The Single and Multigame Modules: How they Work

The heart of both of these modules are computational routines for deciding when a contest ends and who has won.

What follows is a description of how these routines work. Reading this description will not only help you understand the war of attrition but also it will help you understand the usefulness and limitations of these simulations.

Here goes:

Now that you understand how the program works, a few important points that affect its behavior can be made.

To avoid problems with resolution:

  • When setting fix(x) strategies, always define x in as a whole number multiple of delta x.
  • Thus, if delta x is 0.05, then use values of fix(x) such as 0.05, 0.10, 0.15 etc. -- don't use values like 0.09 or 0.088. Likewise, if delta x is 0.01, use costs to 0.01, not something less (e.g., 0.001).

The Single and Multigame Modules -- Setup Features in Common to Both Modules

From the general menu window, select either the "Introduction -- Single Game" (green) button or the "Advanced: Many Games" (gold) button. These will bring up slightly different versions of the same setup window and will cause the menu screen to disappear.

Reminder -- to get back to the menu screen, find the start-up window and press the button labeled "Continue".

Here is the single game version of the setup window:

After the title and the ubiquitous "Information" button (which reiterates much of the material about to be covered in this hypertext), the window can be thought of as having three sections:

Changing Resource and Strategy Values

Below the display of present V and strategy values are two yellow and red buttons. Pressing these will bring up a dialog box for changing either V or strategies.

Changing V: As we have learned, the net payoff to a contest winner is partially determined by V as is the quitting rate for the mixed 'var' strategy. Thus, there will be situations where you want to change these values. Pressing the yellow button labeled "Change V" will bring up the following dialog box:

To change V, simply highlight the presently displayed value by either double clicking the cell or by clicking dragging across the part of the value you wish to change. Alternately (of course) you can simply click in the cell, delete and then re-enter data. When you are satisfied with the result, press the continue button and you will return to the "Set-Up Menu" where the new value of V will be displayed. You can change these values as often as you wish.

Changing the Contestant's Strategies: Starting from the Set-Up Menu, pressing the button labeled "Change Strategies" will take you to the following dialog box:

On the left are choice menus for the two contestants, arbitrarily labeled "your strategy" and "opponent's strategy". Both give you the choice between selecting a fixed and variable cost strategy.

If you select fix as a strategy, you must also enter a maximum cost in the corresponding text field at the right. These costs must be equal or greater than zero, following our usual convention. No entry or entry of either a negative number (or the inadvertent entry of non-numeric data) will cause an error dialog box like the one below to appear:

If this happens, simply close the warning box and re-enter the appropriate data.

If you select "var" or "unknown" (see below) it doesn't matter whether or not a number is entered in the maximum cost fields. Any value that is there will be ignored.

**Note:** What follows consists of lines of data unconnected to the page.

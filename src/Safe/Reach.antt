-- ===== src/Safe/Reach.antt =====
-- The servers that `Server::run` reaches.
use ft_irc.Server.{Server}
use ft_irc.Loop.Round.{resume_listening, run_round, Report, poll_failed, polled}
use ft_irc.Safe.Cleanup.{Inv-cleanup_disconnected}
use ft_irc.Safe.Serve.{AreUnused, Inv-serve_each}
use ft_irc.Safe.Loop.{Round-check_idle_clients, Round-refresh_poll_events}
use ft_irc.Loop.{refresh_poll_events}
use ft_irc.Server.Inv.{Inv, Inv-shell}
use ft_irc.Server.Accept.{new_server, Inv-new_server}
use ft_irc.Base.{ℕ, if◌then◌else◌, if_both, ◌▷◌, is_empty, Text, List}

-- `poll` and `accept` are free to report what they like, but for a descriptor that is in use.
abbrev pub polled_server : List Report → Server → Server
polled_server reports s =
    refresh_poll_events s
    ▷ (λ t. if is_empty reports then record t { poll_fds = resume_listening t.poll_fds } else t)

-- One round of the loop.
pub data RoundOf (s : Server) : Server → Type 0 where
  interrupted : (now : ℕ) → RoundOf s (run_round now poll_failed s)
  served :
      (now : ℕ) (reports : List Report)
      → AreUnused now reports (polled_server reports s)
      → RoundOf s (run_round now (polled reports) s)

-- After any number of rounds from the start.
pub data IsReachable : Server → Type 0 where
  start : (server_fd : ℕ) (password : Text) → IsReachable (new_server server_fd password)
  step : {s t : Server} → IsReachable s → RoundOf s t → IsReachable t

pub Inv-polled_server : (reports : List Report) (s : Server) → Inv s → Inv (polled_server reports s)
Inv-polled_server reports s v =
    let a = (Round-refresh_poll_events s v).inv in
    if_both Inv (is_empty reports) _ _ (λ e. Inv-shell (refresh_poll_events s) _ _ _ a) (λ e. a)

pub Inv-run_round : {s t : Server} → RoundOf s t → Inv s → Inv t
unfolding run_round
Inv-run_round {s} (interrupted now) v = (Round-refresh_poll_events s v).inv
Inv-run_round {s} (served now reports unused) v =
    let polled_ok = Inv-polled_server reports s v in
    let serve_ok = Inv-serve_each now reports _ unused polled_ok in
    (Round-check_idle_clients now _ (Inv-cleanup_disconnected _ serve_ok)).inv

-- The invariant holds of every server that is reached from the start by rounds of the poll loop,
-- interrupted ones among them, whatever the time and whatever the system calls report, if accept
-- reports no descriptor that is in the table of connections.
pub IsReachable-Inv : {s : Server} → IsReachable s → Inv s
IsReachable-Inv (start server_fd password) = Inv-new_server server_fd password
IsReachable-Inv (step r m) = Inv-run_round m (IsReachable-Inv r)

Unknown Strategy Option: Besides explicitly selecting fix(x) or mixed (var), you can also select an "Unknown Strategy" for your opponent. The "unknown strategy" option gives you a chance to see if you can determine your opponent's strategy -- certainly something that any contestant would like to be able to do!

If you select this option, there is a pseudo-randomly determined 50% chance that your opponent will be either a var or fix strategist. If the computer selects fix, it will also make a pseudo-random selection of a maximum cost between 0 and 5*V (to two places with a 1/500 chance of any particular cost). You will not know what strategy the computer has selected.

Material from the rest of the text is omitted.